2. Opt for a technical buffer to avoid overstaffing

Say, your production machine and warehouse are inextricably linked: warehouse employees are tasked with the responsibility of processing the production line's output and need to keep up. Often, however, this results in overcapacity in the warehouse, which is rather inefficient. A potential solution would be an intermediate storage buffer for produced goods. This would allow you to achieve more efficiency with a lower warehouse capacity, as you can schedule employees based on the average (rather than extremely high) output. If your issue is overstaffing – because you need to handle peaks – this solution might work for you.

3. Deploy your staff across departments

If your employees' job profiles don't differ that much from each other, it means your staff is rather versatile. In that case, you could solve capacity issues by deploying them in different places – from production line A to production line B to warehouse – depending on current peaks. This way, you'll get the most out of your staff, and you will work in a very efficient manner.

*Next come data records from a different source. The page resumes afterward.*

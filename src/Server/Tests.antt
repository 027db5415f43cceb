-- ===== src/Server/Tests.antt =====
-- The server of a follower over an engine with one table on one node.
use regatta.Prelude.{◌≡◌, false, none, [], ◌∷◌}
use regatta.Result.{ok, err, external}
use regatta.Pebble.Model.{empty_store, memory}
use regatta.Fsm.Update.{Codec}
use regatta.Fsm.Messages.{request_put}
use regatta.Api.{PutRequest, DeleteRangeRequest, TxnRequest}
use regatta.Table.{ClientCodec, ActiveTable}
use regatta.Table.Limits.{put_command}
use regatta.Table.Active.{one_node, put_result}
use regatta.Engine.{Engine}
use regatta.Server.{readonly_put, readonly_delete_range, readonly_txn}
use regatta.Server.Readonly.{engine_service, readonly_server-State}

abbrev put_request : PutRequest
put_request = record { table = 116 ∷ []; key = 97 ∷ []; value = 3 ∷ []; prev_kv = false }

abbrev delete_request : DeleteRangeRequest
delete_request = record {
  table = 116 ∷ [];
  key = 97 ∷ [];
  range_end = none;
  prev_kv = false;
  count = false;
}

abbrev txn_request : TxnRequest
txn_request = record {
  table = 116 ∷ [];
  compare = [];
  success = request_put (record { key = 97 ∷ []; value = 3 ∷ []; prev_kv = false }) ∷ [];
  failure = [];
}

abbrev codec : Codec
codec = record { unmarshal = λ b. ok (put_command put_request); marshal = λ r. 0 ∷ [] }

abbrev client : ClientCodec
client = record { marshal = λ c. ok (1 ∷ []); unmarshal = λ b. ok (put_result 10) }

abbrev active : ActiveTable
active = record {
  table = record { name = 116 ∷ []; cluster_id = 10001; recover_id = 0 };
  session = 10001;
}

abbrev engine : Engine (Unit {0})
engine = record {
  node_id = 1;
  get_table = λ name. ok active;
  shard_info =
      λ id. record { shard_id = id; nodes = tt; config_change_index = 0; leader_id = 1; term = 1 };
}

readonly_server-State_example :
    ((readonly_put
        (engine_service (one_node memory codec 10 (λ db req. err external)) client engine)
        empty_store
        put_request).0
      ≡ empty_store)
    × ((readonly_delete_range
          (engine_service (one_node memory codec 10 (λ db req. err external)) client engine)
          empty_store
          delete_request).0
        ≡ empty_store)
    × ((readonly_txn
          (engine_service (one_node memory codec 10 (λ db req. err external)) client engine)
          empty_store
          txn_request).0
        ≡ empty_store)
readonly_server-State_example =
    readonly_server-State (one_node memory codec 10 (λ db req. err external)) client engine
      empty_store put_request delete_request txn_request
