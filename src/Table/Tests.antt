-- ===== src/Table/Tests.antt =====
-- A put and a read of a table on one node, with codecs that know the one command.
use regatta.Prelude.{◌≡◌, ◌⊎◌, refl, true, false, none, some, [], ◌∷◌, arith}
use regatta.Result.{Result, Error, ok, err, external}
use regatta.Fsm.Lookup.{LookupRequest, LookupResponse}
use regatta.Pebble.Model.{Store, empty_store, memory, memory_laws}
use regatta.Fsm.Update.{Codec}
use regatta.Api.{PutRequest, zero_header}
use regatta.Table.{ClientCodec, ActiveTable, range, put, propose}
use regatta.Table.Limits.{IsWithinBounds, put_command, put-IsWithinBounds}
use regatta.Table.Active.{one_node, key_request, put_result, range-put}

abbrev put_request : PutRequest
put_request = record { table = 116 ∷ []; key = 97 ∷ []; value = 3 ∷ []; prev_kv = false }

abbrev codec : Codec
codec = record { unmarshal = λ b. ok (put_command put_request); marshal = λ r. 0 ∷ [] }

abbrev client : ClientCodec
client = record { marshal = λ c. ok (1 ∷ []); unmarshal = λ b. ok (put_result 10) }

-- Stale reads that fail.
abbrev stale : Store → LookupRequest → Result LookupResponse
stale db req = err external

abbrev active : ActiveTable
active = record {
  table = record { name = 116 ∷ []; cluster_id = 10001; recover_id = 0 };
  session = 10001;
}

put_request-IsWithinBounds : IsWithinBounds put_request
put_request-IsWithinBounds = record {
  has_key = omega arith;
  key_le = omega arith;
  value_le = omega arith;
}

put-IsWithinBounds_example :
    (IsWithinBounds put_request
      × ((put (one_node memory codec 10 stale) client active empty_store put_request).0
          ≡ (propose
              (one_node memory codec 10 stale)
              client
              active
              empty_store
              (put_command put_request)).0))
    ⊎ ((IsWithinBounds put_request → ⊥)
        × ((e : Error) × (put (one_node memory codec 10 stale) client active empty_store put_request
              ≡ (empty_store, err e))))
put-IsWithinBounds_example =
    put-IsWithinBounds (one_node memory codec 10 stale) client active empty_store put_request

range-put_example :
    (db' : Store) × (put (one_node memory codec 10 stale) client active empty_store put_request
      ≡ (db', ok (record { header = some (record zero_header { revision = 10 }); prev_kv = none })))
    × (range
          (one_node memory codec 10 stale)
          client
          active
          db'
          (key_request (116 ∷ []) (97 ∷ []) true)
        ≡ ok (record {
          header = none;
          kvs = record { key = 97 ∷ []; value = 3 ∷ [] } ∷ [];
          more = false;
          count = 1;
        }))
range-put_example =
    range-put memory memory_laws codec client stale 10 active empty_store put_request (1 ∷ []) refl
      refl refl put_request-IsWithinBounds refl
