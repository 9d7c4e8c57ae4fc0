-- ===== src/Lib.antt =====
-- Portcode is a desktop coding agent with a phone companion. This library models Phone Sync, what the
-- desktop lets a paired phone see and do; what the desktop keeps of the events of the Codex app-server;
-- and how it parses what git prints into a review.
--
-- Parts and files. Paths are from the repository's root.
--   Common      lists, tests, signed integers, and Rust text as scalar values with its UTF-8 sizes.
--   Wire        crates/portcode-sync/src/wire.rs and protocol.rs: events, rows, frames and commands.
--   External    what is not in the repository: the regex, sha2 and serde_json crates, as a record of
--               operations, and records of the documented laws that the properties rely on.
--   Scrub       src-tauri/src/scrub.rs: the redaction passes and the two truncations.
--   Tools       src-tauri/src/tool_names.rs: the names of the tools.
--   Public      src-tauri/src/sync/public.rs: the projection of every desktop value to a public one.
--               Bounded, Labels, Activity, Project and Rows hold the pure projections, Frames the frames
--               built within a byte budget, Boundary and Stream the live projector. The other modules
--               below Public hold proofs.
--   Session     crates/portcode-sync/src/session.rs and src-tauri/src/sync/session.rs: catch-up from both
--               ends (Exchange) and the live loops (Loops), over a channel whose answers are written
--               down (Transport). Agreement and Intake hold proofs.
--   Pairing     src-tauri/src/sync/pairing_gate.rs (Gate), the table of paired devices in
--               src-tauri/src/db.rs (Devices), and from src-tauri/src/lib.rs the trust gate of
--               `serve_connection`, `confirm_pairing` and `reject_pairing` (Serve). The other modules
--               hold proofs; Steps has the step relation of the shared state.
--   Framing     crates/portcode-sync/src/transport_native.rs: `write_framed` and `read_framed` on streams of
--               bytes. RoundTrip and Refusals hold proofs.
--   Hub         src-tauri/src/sync/mod.rs: `SyncHub`, which mirrors live events to the phones. Mirror holds
--               proofs.
--   Codex       src-tauri/src/codex_engine.rs: the deferred queues of events (Queue and Waiting) and the
--               sanitizer of their parameters (Sanitize, Nodes and Params) on JSON values (Json). The
--               rest holds proofs: Room, Enqueue and Protection of one queue, Trim and Bounds of
--               all queues, Secrets and Redaction, Shape and Walk of the sanitizer. Items
--               reads the items of the app-server, Turns projects a turn into blocks, and Policy has what
--               a mode of src-tauri/src/permissions.rs asks of the app-server. No property is about
--               these three.
--   Review      src-tauri/src/git_review.rs: the types of a review (Types) and the parsers of status
--               records (Records), of changes and counts (Changes), of unified patches (Patch), and the
--               quoted paths (Quote), on Rust's readers of text (Text). The other modules hold proofs:
--               Headers, Numbering, Anchors and Reference of patches, the others of their names.
--   Remote      src-tauri/src/sync/server.rs: the handler of a phone's commands (Handler), with the rows of
--               src-tauri/src/db.rs that it reads (Messages and State). Answers,
--               Creates, Newest and Pages hold proofs.
--   Tests       inputs at which the properties are applied, and runs.
--
-- A desktop value reaches the phone by one way: `project_event` for live events, `project_message` and
-- `project_session` for rows; all of them cut text by `bounded_public_text`, which redacts first. The
-- live projector `PhoneEventProjector` holds text deltas back until they can be cut safely; its state is
-- a map from public session identifiers to held texts, and every operation takes and returns it.
--
-- A connection of a phone passes the pairing gate first: `connect` serves a confirmed device, prompts
-- inside an open window, and drops the rest. `await_decision` then waits for the user. A peer that is let
-- through gets the catch-up of `serve_catch_up`, and the loops `forward_live` and `handle_commands` run
-- until one ends. Tasks interleave only at the gate and the devices, so the step relation `Step` ranges
-- over the operations of both, and over the parts of `connect` and `confirm_pairing` that take a lock each.
--
-- An event of the Codex app-server is sanitized first, then dispatched; while its thread has no route, it
-- waits in a deferred queue. A queue evicts by its own bounds, the table of queues by those on threads and
-- on the total; both loops run on fuel, the number of events (and threads) and one more, since each round
-- removes one. The order in which a map iterates is the order of the list that stands for it.
--
-- A loop is structural recursion where the code walks a list or an index. `drain_ready_text` and `append_text` run
-- on fuel: the number of characters, and one more, since each round takes a character or stops. A
-- `usize` that the code adds up is bounded by the length of a text in memory, so it is a natural number;
-- the counters of a diff saturate at 32 bits as in the code.
--
-- Not modelled: matching of regular expressions, JSON encoding, cryptography, QUIC, SQLite, child
-- processes and files, and the other parts of the desktop.
pub mod Common
pub mod Remote
pub mod Codex
pub mod Review
pub mod Wire
pub mod External
pub mod Scrub
pub mod Tools
pub mod Public
pub mod Session
pub mod Pairing
pub mod Framing
pub mod Hub
pub mod Tests
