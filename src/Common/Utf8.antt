-- ===== src/Common/Utf8.antt =====
-- Rust text: a `String` is the list of its Unicode scalar values. What the source counts or cuts in
-- bytes is counted here in UTF-8 bytes, with the standard library's char boundaries.
use Prim.Native.Nat.{ℕ, zero, suc, ◌+◌, ◌-◌, ◌/◌, ◌%◌, ◌≤◌}
use Prim.Native.Char.{code}
use Prim.Native.String.{String}
use mathlib.Core.Path.{◌≡◌, refl}
use mathlib.Core.Logic.{◌↔◌}
use mathlib.Core.Bool.{Bool, true, false, ◌&&◌, ◌||◌}
use mathlib.Core.List.{List, [], ◌∷◌, ◌++◌}
use native.Mathlib.Omega.{arith}
use portcode.Common.Tests.{ltb, leb, ◌==◌, if◌then◌else◌}
use portcode.Common.Lists.{length, length-append}

abbrev pub Text : Type 0
Text = List ℕ

abbrev pub Bytes : Type 0
Bytes = List ℕ

-- The scalar values of a literal.
abbrev pub codes : String → Text
codes String.[] = []
codes (String.◌∷◌ c s) = code c ∷ codes s

-- `str` equality.
unfoldable pub same : Text → Text → Bool
same [] [] = true
same (x ∷ xs) (y ∷ ys) = x == y && same xs ys
same _ _ = false

pub same_iff : (s t : Text) → (same s t ≡ true) ↔ (s ≡ t)
unfolding same
same_iff (x ∷ s) (y ∷ t) = ground (arith, same_iff s t)
same_iff _ _ = ground arith

pub same_self : (s : Text) → same s s ≡ true
same_self s = (same_iff s s).1 refl

-- A match of a text against literals.
abbrev pub one_of : Text → List Text → Bool
one_of t [] = false
one_of t (l ∷ ls) = same t l || one_of t ls

-- The bytes of one scalar value in UTF-8, and their number (`char::len_utf8`).
unfoldable pub len_utf8 : ℕ → ℕ
len_utf8 c = if ltb c 0x80 then 1 else if ltb c 0x800 then 2 else if ltb c 0x1_0000 then 3 else 4

unfoldable pub encode_utf8 : ℕ → Bytes
encode_utf8 c =
    if ltb c 0x80
    then c ∷ []
    else if ltb c 0x800
    then (0xc0 + c / 64) ∷ (0x80 + c % 64) ∷ []
    else if ltb c 0x1_0000
    then (0xe0 + c / 4096) ∷ (0x80 + c / 64 % 64) ∷ (0x80 + c % 64) ∷ []
    else (0xf0 + c / 0x4_0000)
      ∷ (0x80 + c / 4096 % 64)
      ∷ (0x80 + c / 64 % 64)
      ∷ (0x80 + c % 64)
      ∷ []

-- `as_bytes`, and `len`.
abbrev pub utf8 : Text → Bytes
utf8 [] = []
utf8 (c ∷ cs) = encode_utf8 c ++ utf8 cs

abbrev pub byte_len : Text → ℕ
byte_len [] = 0
byte_len (c ∷ cs) = len_utf8 c + byte_len cs

pub length-encode_utf8 : (c : ℕ) → length (encode_utf8 c) ≡ len_utf8 c
unfolding encode_utf8 len_utf8
length-encode_utf8 c = ground arith

pub length-utf8 : (t : Text) → length (utf8 t) ≡ byte_len t
length-utf8 [] = refl
length-utf8 (c ∷ cs) =
    omega (arith, length-append (encode_utf8 c) (utf8 cs), length-encode_utf8 c, length-utf8 cs)

pub len_utf8-pos : (c : ℕ) → 1 ≤ len_utf8 c
unfolding len_utf8
len_utf8-pos c = ground arith

pub len_utf8-le : (c : ℕ) → len_utf8 c ≤ 4
unfolding len_utf8
len_utf8-le c = ground arith

pub byte_len-append : (s t : Text) → byte_len (s ++ t) ≡ byte_len s + byte_len t
byte_len-append [] t = omega arith
byte_len-append (c ∷ cs) t = omega (arith, byte_len-append cs t)

-- `str::is_char_boundary`.
unfoldable pub is_char_boundary : Text → ℕ → Bool
is_char_boundary t zero = true
is_char_boundary [] (suc n) = false
is_char_boundary (c ∷ cs) (suc n) =
    leb (len_utf8 c) (suc n) && is_char_boundary cs (suc n - len_utf8 c)

-- `&text[..end]` and `&text[end..]` at a boundary.
unfoldable pub slice_to : Text → ℕ → Text
slice_to [] end = []
slice_to (c ∷ cs) end = if leb (len_utf8 c) end then c ∷ slice_to cs (end - len_utf8 c) else []

unfoldable pub slice_from : Text → ℕ → Text
slice_from [] end = []
slice_from (c ∷ cs) end = if leb (len_utf8 c) end then slice_from cs (end - len_utf8 c) else c ∷ cs

-- `while !text.is_char_boundary(end) { end -= 1; }`
unfoldable pub floor_boundary : Text → ℕ → ℕ
floor_boundary t zero = zero
floor_boundary t (suc end) =
    let lower = floor_boundary t end in if is_char_boundary t (suc end) then suc end else lower
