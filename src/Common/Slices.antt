-- ===== src/Common/Slices.antt =====
-- Laws of byte slices at char boundaries.
use Prim.Native.Nat.{ℕ, zero, suc, ◌+◌, ◌-◌, ◌≤◌}
use mathlib.Core.Path.{◌≡◌, refl, ap}
use mathlib.Core.Logic.{inl, inr}
use mathlib.Core.Bool.{true}
use mathlib.Core.List.{[], ◌∷◌, ◌++◌}
use native.Mathlib.Omega.{arith}
use portcode.Common.Tests.{leb, Bool-cases}
use portcode.Common.Lists.{IsPrefix}
use portcode.Common.Utf8.{
  Text, len_utf8, len_utf8-pos, byte_len, is_char_boundary, slice_to, slice_from, floor_boundary,
}

pub slice_to-append-slice_from : (t : Text) (n : ℕ) → slice_to t n ++ slice_from t n ≡ t
unfolding slice_to slice_from
slice_to-append-slice_from [] n = refl
slice_to-append-slice_from (c ∷ cs) n = elim (Bool-cases (leb (len_utf8 c) n)) [
  | inl fits ↦ rw fits (ap (◌∷◌ c) (slice_to-append-slice_from cs (n - len_utf8 c)))
  | inr over ↦ rw over
]

pub slice_to-IsPrefix : (t : Text) (n : ℕ) → IsPrefix (slice_to t n) t
slice_to-IsPrefix t n = record { rest = slice_from t n; splits = slice_to-append-slice_from t n }

pub byte_len-slice_to : (t : Text) (n : ℕ) → byte_len (slice_to t n) ≤ n
unfolding slice_to
byte_len-slice_to [] n = omega arith
byte_len-slice_to (c ∷ cs) n = ground (arith, byte_len-slice_to cs (n - len_utf8 c))

pub byte_len-slice_to_boundary :
    (t : Text) (n : ℕ) → is_char_boundary t n ≡ true → byte_len (slice_to t n) ≡ n
unfolding slice_to is_char_boundary
byte_len-slice_to_boundary [] zero h = refl
byte_len-slice_to_boundary [] (suc n) h = cc
byte_len-slice_to_boundary (c ∷ cs) zero h = ground (arith, len_utf8-pos c)
byte_len-slice_to_boundary (c ∷ cs) (suc n) h =
    ground (arith, byte_len-slice_to_boundary cs (suc n - len_utf8 c))

pub floor_boundary-le : (t : Text) (n : ℕ) → floor_boundary t n ≤ n
unfolding floor_boundary
floor_boundary-le t zero = omega arith
floor_boundary-le t (suc n) = ground (arith, floor_boundary-le t n)

pub floor_boundary-is_char_boundary :
    (t : Text) (n : ℕ) → is_char_boundary t (floor_boundary t n) ≡ true
unfolding floor_boundary
floor_boundary-is_char_boundary t zero = unfold is_char_boundary in refl
floor_boundary-is_char_boundary t (suc n) = elim (Bool-cases (is_char_boundary t (suc n))) [
  | inl here ↦ rw (here, here)
  | inr lower ↦ rw lower (floor_boundary-is_char_boundary t n)
]

pub slice_to-byte_len : (s t : Text) → slice_to (s ++ t) (byte_len s) ≡ s
unfolding slice_to
slice_to-byte_len [] [] = refl
slice_to-byte_len [] (c ∷ t) = ground (arith, len_utf8-pos c)
slice_to-byte_len (c ∷ s) t =
    let e : len_utf8 c + byte_len s - len_utf8 c ≡ byte_len s = omega arith in
    rw (e, slice_to-byte_len s t) (ground arith)

pub slice_from-byte_len : (s t : Text) → slice_from (s ++ t) (byte_len s) ≡ t
unfolding slice_from
slice_from-byte_len [] [] = refl
slice_from-byte_len [] (c ∷ t) = ground (arith, len_utf8-pos c)
slice_from-byte_len (c ∷ s) t =
    let e : len_utf8 c + byte_len s - len_utf8 c ≡ byte_len s = omega arith in
    rw (e, slice_from-byte_len s t) (ground arith)
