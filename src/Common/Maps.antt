-- ===== src/Common/Maps.antt =====
-- A `HashMap<String, A>` as an association list.
use mathlib.Core.Path.{◌≡◌, refl, subst, sym, ◌∙◌}
use mathlib.Core.List.{List, [], ◌∷◌}
use mathlib.Core.Option.{Option, none, some}
use mathlib.Core.Logic.{inl, inr}
use portcode.Common.Tests.{if◌then◌else◌, Bool-cases}
use mathlib.Core.Bool.{true, false}
use portcode.Common.Lists.{All}
use portcode.Common.Utf8.{Text, same, same_iff}

module _ {A : Type 0} where
  unfoldable pub map_get : Text → List (Text × A) → Option A
  map_get k [] = none
  map_get k ((j, a) ∷ m) = if same j k then some a else map_get k m

  unfoldable pub map_remove : Text → List (Text × A) → List (Text × A)
  map_remove k [] = []
  map_remove k ((j, a) ∷ m) = let rest = map_remove k m in if same j k then rest else (j, a) ∷ rest

  abbrev pub map_insert : Text → A → List (Text × A) → List (Text × A)
  map_insert k a m = (k, a) ∷ map_remove k m

  pub map_get-map_remove : (k : Text) (m : List (Text × A)) → map_get k (map_remove k m) ≡ none
  unfolding map_get map_remove
  map_get-map_remove k [] = refl
  map_get-map_remove k ((j, a) ∷ m) = elim (Bool-cases (same j k)) [
    | inl e ↦ rw e (map_get-map_remove k m)
    | inr e ↦ rw (e, e) (map_get-map_remove k m)
  ]

  pub map_get-map_remove-other :
      (j k : Text) (m : List (Text × A))
      → same j k ≡ false
      → map_get j (map_remove k m) ≡ map_get j m
  unfolding map_get map_remove
  map_get-map_remove-other j k [] h = refl
  map_get-map_remove-other j k ((i, a) ∷ m) h = elim (Bool-cases (same i k)) [
    | inl e ↦
        let i_k = (same_iff i k).0 e in
        let apart : same i j ≡ false = elim (Bool-cases (same i j)) [
          | inr f ↦ f
          | inl f ↦
              let i_j = (same_iff i j).0 f in
              let j_k : same j k ≡ true = (same_iff j k).1 (sym i_j ∙ i_k) in absurd cc
        ] in
        rw (e, apart) (map_get-map_remove-other j k m h)
    | inr e ↦ elim (Bool-cases (same i j)) [
      | inl f ↦ rw (e, f) refl
      | inr f ↦ rw (e, f) (map_get-map_remove-other j k m h)
    ]
  ]

  pub All-map_remove :
      (P : Text × A → Type 0) (k : Text) (m : List (Text × A)) → All P m → All P (map_remove k m)
  unfolding map_remove
  All-map_remove P k [] h = tt
  All-map_remove P k ((j, a) ∷ m) (p, h) = elim (Bool-cases (same j k)) [
    | inl e ↦ rw e (All-map_remove P k m h)
    | inr e ↦ rw e (p, All-map_remove P k m h)
  ]

  pub All-map_get :
      (P : A → Type 0) (k : Text) (m : List (Text × A)) (a : A)
      → All (λ (e : Text × A). P e.1) m
      → map_get k m ≡ some a
      → P a
  unfolding map_get
  All-map_get P k [] a h e = absurd cc
  All-map_get P k ((j, b) ∷ m) a (p, h) e = elim (Bool-cases (same j k)) [
    | inl s ↦ let t : some b ≡ some a = rw s at e in let u : b ≡ a = cc in subst P u p
    | inr s ↦ All-map_get P k m a h (rw s at e)
  ]
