-- ===== src/Common/Decimal.antt =====
-- Numbers written in decimal (`{n}` of a format string).
use Prim.Native.Nat.{ℕ, zero, suc, ◌+◌, ◌/◌, ◌%◌}
use mathlib.Core.List.{[], ◌∷◌, ◌++◌}
use portcode.Common.Tests.{ltb, if◌then◌else◌}
use portcode.Common.Utf8.{Text}

-- The decimal digits of a number; a number has fewer digits than its value and one more.
unfoldable pub digits : ℕ → ℕ → Text
digits zero n = []
digits (suc fuel) n =
    let rest = digits fuel (n / 10) in
    if ltb n 10 then (b'0' + n) ∷ [] else rest ++ (b'0' + n % 10) ∷ []

abbrev pub decimal : ℕ → Text
decimal n = digits (suc n) n
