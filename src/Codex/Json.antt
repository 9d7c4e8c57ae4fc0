-- ===== src/Codex/Json.antt =====
-- The JSON values of the app-server's protocol: serde_json's `Value`, with the numbers as a parameter.
-- An object is its entries in the order of the map, which is that of the keys.
use portcode.Common.{
  ℕ, suc, Bool, true, false, ◌&&◌, ◌||◌, [], ◌∷◌, Option, none, some, if◌then◌else◌, ltb, ◌==◌,
  Text, same,
}

mutual
  pub data Value (Number : Type 0) : Type 0 where
    null : Value Number
    bool : Bool → Value Number
    number : Number → Value Number
    string : Text → Value Number
    array : Values Number → Value Number
    object : Fields Number → Value Number

  pub data Values (Number : Type 0) : Type 0 where
    nil : Values Number
    cons : Value Number → Values Number → Values Number

  pub data Fields (Number : Type 0) : Type 0 where
    end : Fields Number
    field : Text → Value Number → Fields Number → Fields Number

-- `str`'s order.
unfoldable pub precedes : Text → Text → Bool
precedes [] [] = false
precedes [] (y ∷ ys) = true
precedes (x ∷ xs) [] = false
precedes (x ∷ xs) (y ∷ ys) = ltb x y || (x == y && precedes xs ys)

module _ {Number : Type 0} where
  abbrev pub value_count : Values Number → ℕ
  value_count nil = 0
  value_count (cons v vs) = suc (value_count vs)

  -- `Map::get`, `Map::insert` and `Map::is_empty`
  unfoldable pub get_field : Text → Fields Number → Option (Value Number)
  get_field key end = none
  get_field key (field k v fs) = if same k key then some v else get_field key fs

  unfoldable pub insert_field : Text → Value Number → Fields Number → Fields Number
  insert_field key value end = field key value end
  insert_field key value (field k v fs) =
      let rest = insert_field key value fs in
      if same k key
      then field key value fs
      else if precedes key k
      then field key value (field k v fs)
      else field k v rest

  unfoldable pub no_fields : Fields Number → Bool
  no_fields end = true
  no_fields (field k v fs) = false

  -- `Value::get`, `as_str`, `as_bool`, `as_object`, `as_array`
  abbrev pub get : Text → Value Number → Option (Value Number)
  get key (object fs) = get_field key fs
  get key _ = none

  abbrev pub as_str : Value Number → Option Text
  as_str (string t) = some t
  as_str _ = none

  abbrev pub as_bool : Value Number → Option Bool
  as_bool (bool b) = some b
  as_bool _ = none

  abbrev pub as_object : Value Number → Option (Fields Number)
  as_object (object fs) = some fs
  as_object _ = none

The flip side of the coin (and why a buffer is worth the investment)

Depending on your situation, you could opt for one of the above solutions or a combination thereof. Remember you'll always need to compromise in one way or another. For example, if you decide to create an 'intermediate' stock, you'll require more working capital. If a technical buffer solves your capacity issues, you'll need to invest in additional equipment. If your staff is versatile enough to take on more than one task, you'll have provide them with additional training and become more picky when hiring new people (as they, too, should be all-round employees).

In other words, each solution comes with a price tag, so it's wise to consider your options carefully. However, a buffer will pay off in the long run, as it allows you to stabilize your workload and reduce fluctuations!